Hauptschüler machen überraschende Erkenntnisse

An einer CNC-Fräse bearbeiteten die Hauptschüler im Info-Bus der Metall- und Elektroindustrie zusammen mit Diplom-Ingenieur Claudio Schmickler einen Metallblock.

NACHRODT-WIBLINGWERDE ▪ „Die Regeln sind wie beim ,Haus vom Nikolaus': Keine Linie doppelt ziehen und nicht absetzen“, erklärte Claudio Schmickler den Achtklässlern der Albert-Schweitzer-Hauptschule, wie sie eine CNC-Fräse programmieren müssen. Ihre Aufgabe: Die Ziffer Acht in einen Metallblock fräsen.

Die Szene hat sich nicht etwa im Werkunterricht abgespielt, sondern im Info-Bus der Metall- und Elektroindustrie, der am Mittwoch an der Hauptschule im Holensiepen Station gemacht hat. Diplom-Ingenieur Claudio Schmickler und Berufsberater Klaus Bräu erwarteten darin die siebten, achten und neunten Klassen der Albert-Schweitzer-Hauptschule. Ihr Ziel: Die Jugendlichen für die Berufe der Metall- und Elektroindustrie zu begeistern.

„Jeder Jugendliche ist grundsätzlich für etwa 30 Berufe geeignet“, betonte Klaus Bräu, der bedauert, dass sich Berufseinsteiger oft nicht über die Vielfalt der Möglichkeiten im Klaren sind. Durch die Möglichkeit, die Tätigkeiten in 26 verschiedenen Berufen im Info-Bus auszuprobieren, wollten Bräu und Schmickler die Jugendlichen faszinieren. Dabei machten die Mädchen und Jungen überraschende Erkenntnisse, zum Beispiel, dass der Rohling einer Colaflasche nicht viel größer als ein Reagenzglas ist, oder dass eine ziemlich unscheinbare Metallplatte das Ausgangsmaterial für eine Spraydose ist. Um solchen und vielen anderen Produkten das allseits bekannte Aussehen zu geben, sind Maschinen nötig, und diese Maschinen müssen von Menschen entwickelt, programmiert und bedient werden. Genau das geschieht in den verschiedenen Berufen der Metall- und Elektroindustrie – durch Elektroniker, Konstruktionsmechaniker, Maschinen- und Anlagenführer, Mechatroniker, Verfahrens- oder Werkzeugmechaniker.

Linktipp:

Informationen über die Berufe der Metall- und Elektroindustrie gibt es hier!

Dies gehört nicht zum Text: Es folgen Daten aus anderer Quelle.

-- ===== src/Core/Dominant/Heaviest.antt =====
-- The tokens of the category that `dominant_category` chooses (crates/metrune-core/src/lib.rs).
use metrune.Prelude.{
  ℕ, ◌≤◌, ◌≡◌, refl, sym, ap, ◌∙◌, true, false, Option, none, some, List, [], ◌∷◌, inl, inr, arith,
  if◌then◌else◌, Bool-cases, All,
}
use metrune.Prelude.Float.{Float}
use metrune.Prelude.Text.{Text, text_eq, text_eq_refl, eq_of_text_eq}
use metrune.Prelude.Order.{text_ord}
use metrune.Prelude.TreeMap.{
  TreeMap, get, update, values, IsSorted, IsSorted-update, get-update_self, get-update_ne,
  All-values,
}
use metrune.Core.Tokens.{add_u64}
use metrune.Core.Category.{CategoryAssignment, category_str}
use metrune.Core.Snapshot.{TurnSnapshot, turn_total_tokens}
use metrune.Core.Dominant.{
  classified_turns, weigh, weighted, weight_cmp, is_not_greater, heaviest, assignment_of,
  dominant_category,
}

module _ {F : Type 0} where
  -- The tokens of the turns whose category has the name `k`, added up from `n`.
  abbrev pub weight_from : Text → ℕ → List (TurnSnapshot F) → ℕ
  weight_from k n [] = n
  weight_from k n (turn ∷ turns) =
      weight_from k
        (if text_eq (category_str turn.category.category_id) k
          then add_u64 n (turn_total_tokens turn)
          else n)
        turns

  -- The tokens of the classified turns of a category.
  abbrev pub weight : Text → List (TurnSnapshot F) → ℕ
  weight k turns = weight_from k 0 (classified_turns turns)

  abbrev tokens_of : Option (ℕ × CategoryAssignment F) → ℕ
  tokens_of none = 0
  tokens_of (some w) = w.0

  abbrev Named : TreeMap Text (ℕ × CategoryAssignment F) → Type 0
  Named m =
      (k : Text) (w : ℕ × CategoryAssignment F)
      → get k m ≡ some w
      → category_str w.1.category_id ≡ k

module _ {F : Type 0} ⦃o : Float F⦄ where
  tokens-weigh :
      (turn : TurnSnapshot F) (found : Option (ℕ × CategoryAssignment F))
      → (weigh turn found).0 ≡ add_u64 (tokens_of found) (turn_total_tokens turn)
  unfolding weigh
  tokens-weigh turn none = refl
  tokens-weigh turn (some w) = refl

  tokens-update :
      (k : Text) (turn : TurnSnapshot F) (m : TreeMap Text (ℕ × CategoryAssignment F))
      → tokens_of (get k (update (category_str turn.category.category_id) (weigh turn) m)) ≡ (
          if text_eq (category_str turn.category.category_id) k
          then add_u64 (tokens_of (get k m)) (turn_total_tokens turn)
          else tokens_of (get k m))
  tokens-update k turn m =
      let j = category_str turn.category.category_id in
      elim (Bool-cases (text_eq j k)) [
        | inl e ↦
            let p = eq_of_text_eq j k e in
            rw (e, ← p)
              (ap tokens_of (get-update_self j (weigh turn) m) ∙ tokens-weigh turn (get j m))
        | inr e ↦ rw e (
            ap tokens_of (
              get-update_ne j k (weigh turn) m
                (λ p. ground (arith, ap (λ x. text_eq j x) p, text_eq_refl j))))
      ]

  tokens-weighted :
      (k : Text) (m : TreeMap Text (ℕ × CategoryAssignment F)) (turns : List (TurnSnapshot F))
      → tokens_of (get k (weighted m turns)) ≡ weight_from k (tokens_of (get k m)) turns
  unfolding weighted
  tokens-weighted k m [] = refl
  tokens-weighted k m (turn ∷ turns) =
      tokens-weighted k (update (category_str turn.category.category_id) (weigh turn) m) turns
      ∙ ap (λ n. weight_from k n turns) (tokens-update k turn m)

  Named-weigh :
      (turn : TurnSnapshot F) (found : Option (ℕ × CategoryAssignment F))
      → ((w : ℕ × CategoryAssignment F)
          → found ≡ some w
          → category_str w.1.category_id ≡ category_str turn.category.category_id)
      → category_str (weigh turn found).1.category_id ≡ category_str turn.category.category_id
  unfolding weigh
  Named-weigh turn none h = ground arith
  Named-weigh turn (some w) h = ground (arith, h w refl)

  Named-update :
      (turn : TurnSnapshot F) (m : TreeMap Text (ℕ × CategoryAssignment F))
      → Named m
      → Named (update (category_str turn.category.category_id) (weigh turn) m)
  Named-update turn m named k w h =
      let j = category_str turn.category.category_id in
      elim (Bool-cases (text_eq j k)) [
        | inl e ↦
            let p = eq_of_text_eq j k e in
            let found = get-update_self j (weigh turn) m in
            let v = Named-weigh turn (get j m) (λ w' h'. named j w' h') in
            let same : weigh turn (get j m) ≡ w =
              ground (arith, found, ap (λ x. get x (update j (weigh turn) m)) p) in
            ap (λ x. category_str x.1.category_id) (sym same) ∙ v ∙ p
        | inr e ↦ named k w (
            sym (
              get-update_ne j k (weigh turn) m
                (λ p. ground (arith, ap (λ x. text_eq j x) p, text_eq_refl j)))
            ∙ h)
      ]

  Named-weighted :
      (m : TreeMap Text (ℕ × CategoryAssignment F)) (turns : List (TurnSnapshot F))
      → Named m
      → Named (weighted m turns)
  unfolding weighted
  Named-weighted m [] named = named
  Named-weighted m (turn ∷ turns) named =
      Named-weighted (update (category_str turn.category.category_id) (weigh turn) m) turns
        (Named-update turn m named)

  IsSorted-weighted :
      (m : TreeMap Text (ℕ × CategoryAssignment F)) (turns : List (TurnSnapshot F))
      → IsSorted m
      → IsSorted (weighted m turns)
  unfolding weighted
  IsSorted-weighted m [] s = s
  IsSorted-weighted m (turn ∷ turns) s =
      IsSorted-weighted (update (category_str turn.category.category_id) (weigh turn) m) turns
        (IsSorted-update (category_str turn.category.category_id) (weigh turn) m s)

  pick : ℕ × CategoryAssignment F → ℕ × CategoryAssignment F → ℕ × CategoryAssignment F
  pick best w = if is_not_greater (weight_cmp best w) then w else best

  le-pick :
      (best w : ℕ × CategoryAssignment F) → (best.0 ≤ (pick best w).0) × (w.0 ≤ (pick best w).0)
  unfolding pick
  le-pick best w = ground arith

  le-heaviest :
      (best : ℕ × CategoryAssignment F) (ws : List (ℕ × CategoryAssignment F))
      → (best.0 ≤ (heaviest best ws).0) × All (λ w. w.0 ≤ (heaviest best ws).0) ws
  unfolding heaviest pick
  le-heaviest best [] = (omega arith, tt)
  le-heaviest best (w ∷ ws) =
      let (least, all) = le-heaviest (pick best w) ws in
      let (l, r) = le-pick best w in (omega (arith, l, least), (omega (arith, r, least), all))

  All-heaviest :
      (P : ℕ × CategoryAssignment F → Type 0) (best : ℕ × CategoryAssignment F)
      (ws : List (ℕ × CategoryAssignment F))
      → P best
      → All P ws
      → P (heaviest best ws)
  unfolding heaviest
  All-heaviest P best [] p ps = p
  All-heaviest P best (w ∷ ws) p ps =
      All-heaviest P (if is_not_greater (weight_cmp best w) then w else best) ws
        (elim (is_not_greater (weight_cmp best w)) as (λ b. P (if b then w else best)) [
          | true ↦ ps.0
          | false ↦ p
        ])
        ps.1

  le_of_get :
      (k : Text) (n : ℕ) (m : TreeMap Text (ℕ × CategoryAssignment F))
      → All (λ w. w.0 ≤ n) (values m)
      → tokens_of (get k m) ≤ n
  le_of_get k n [] a = omega arith
  le_of_get k n ((j, w) ∷ m) a = ground (arith, le_of_get k n m a.1)

  Recorded : TreeMap Text (ℕ × CategoryAssignment F) → ℕ × CategoryAssignment F → Type 0
  Recorded m w = tokens_of (get (category_str w.1.category_id) m) ≡ w.0

  Recorded-of_get :
      (m : TreeMap Text (ℕ × CategoryAssignment F))
      → Named m
      → (k : Text) (w : ℕ × CategoryAssignment F) → get k m ≡ some w
      → Recorded m w
  unfolding Recorded
  Recorded-of_get m named k w found =
      ap (λ x. tokens_of (get x m)) (named k w found) ∙ ap tokens_of found

  most-assignment_of :
      (k : Text) (m : TreeMap Text (ℕ × CategoryAssignment F))
      (ws : List (ℕ × CategoryAssignment F))
      → All (Recorded m) ws
      → ((n : ℕ) → All (λ w. w.0 ≤ n) ws → tokens_of (get k m) ≤ n)
      → tokens_of (get k m) ≤ tokens_of (get (category_str (assignment_of ws).category_id) m)
  unfolding Recorded
  most-assignment_of k m [] recorded le = omega (arith, le 0 tt)
  most-assignment_of k m (w ∷ ws) recorded le =
      let (first, rest) = le-heaviest w ws in
      omega (
        arith,
        le (heaviest w ws).0 (first, rest),
        All-heaviest (Recorded m) w ws recorded.0 recorded.1,
      )

  -- No category has more tokens, over the classified turns, than the one that `dominant_category`
  -- chooses.
  pub dominant_category-heaviest :
      (k : Text) (turns : List (TurnSnapshot F))
      → weight k turns ≤ weight (category_str (dominant_category turns).category_id) turns
  unfolding dominant_category
  dominant_category-heaviest k turns =
      let m = weighted [] (classified_turns turns) in
      let sorted = IsSorted-weighted [] (classified_turns turns) tt in
      let named = Named-weighted [] (classified_turns turns) (λ j w h. ground (arith, h)) in
      omega (
        arith,
        tokens-weighted k [] (classified_turns turns),
        tokens-weighted (category_str (dominant_category turns).category_id) []
            (classified_turns turns),
        most-assignment_of k m (values m)
            (All-values {P = Recorded m} m sorted (Recorded-of_get m named)) (λ n. le_of_get k n m),
      )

Mit den Siebt- und Achtklässlern gingen Claudio Schmickler und Klaus Bräu am Mittwoch eher grundsätzliche Fragen an: Welche Berufe kann man überhaupt erlernen? Welche Voraussetzungen muss man mitbringen? Den Neuntklässlern gaben die beiden Berater dann auch schon Tipps für die Bewerbung um einen Ausbildungsplatz. Dazu gehörte zum Beispiel der Hinweis, dass größere Unternehmen immer öfter eine Bewerbung per E-Mail verlangen und dass auf der Suche nach einem Ausbildungsplatz ein Praktikum manchmal hilfreich sein kann. Eine im Info-Bus installierte Datenbank gab den Jugendlichen außerdem Hinweise auf Unternehmen, die in Berufen der Metall- und Elektroindustrie ausbilden.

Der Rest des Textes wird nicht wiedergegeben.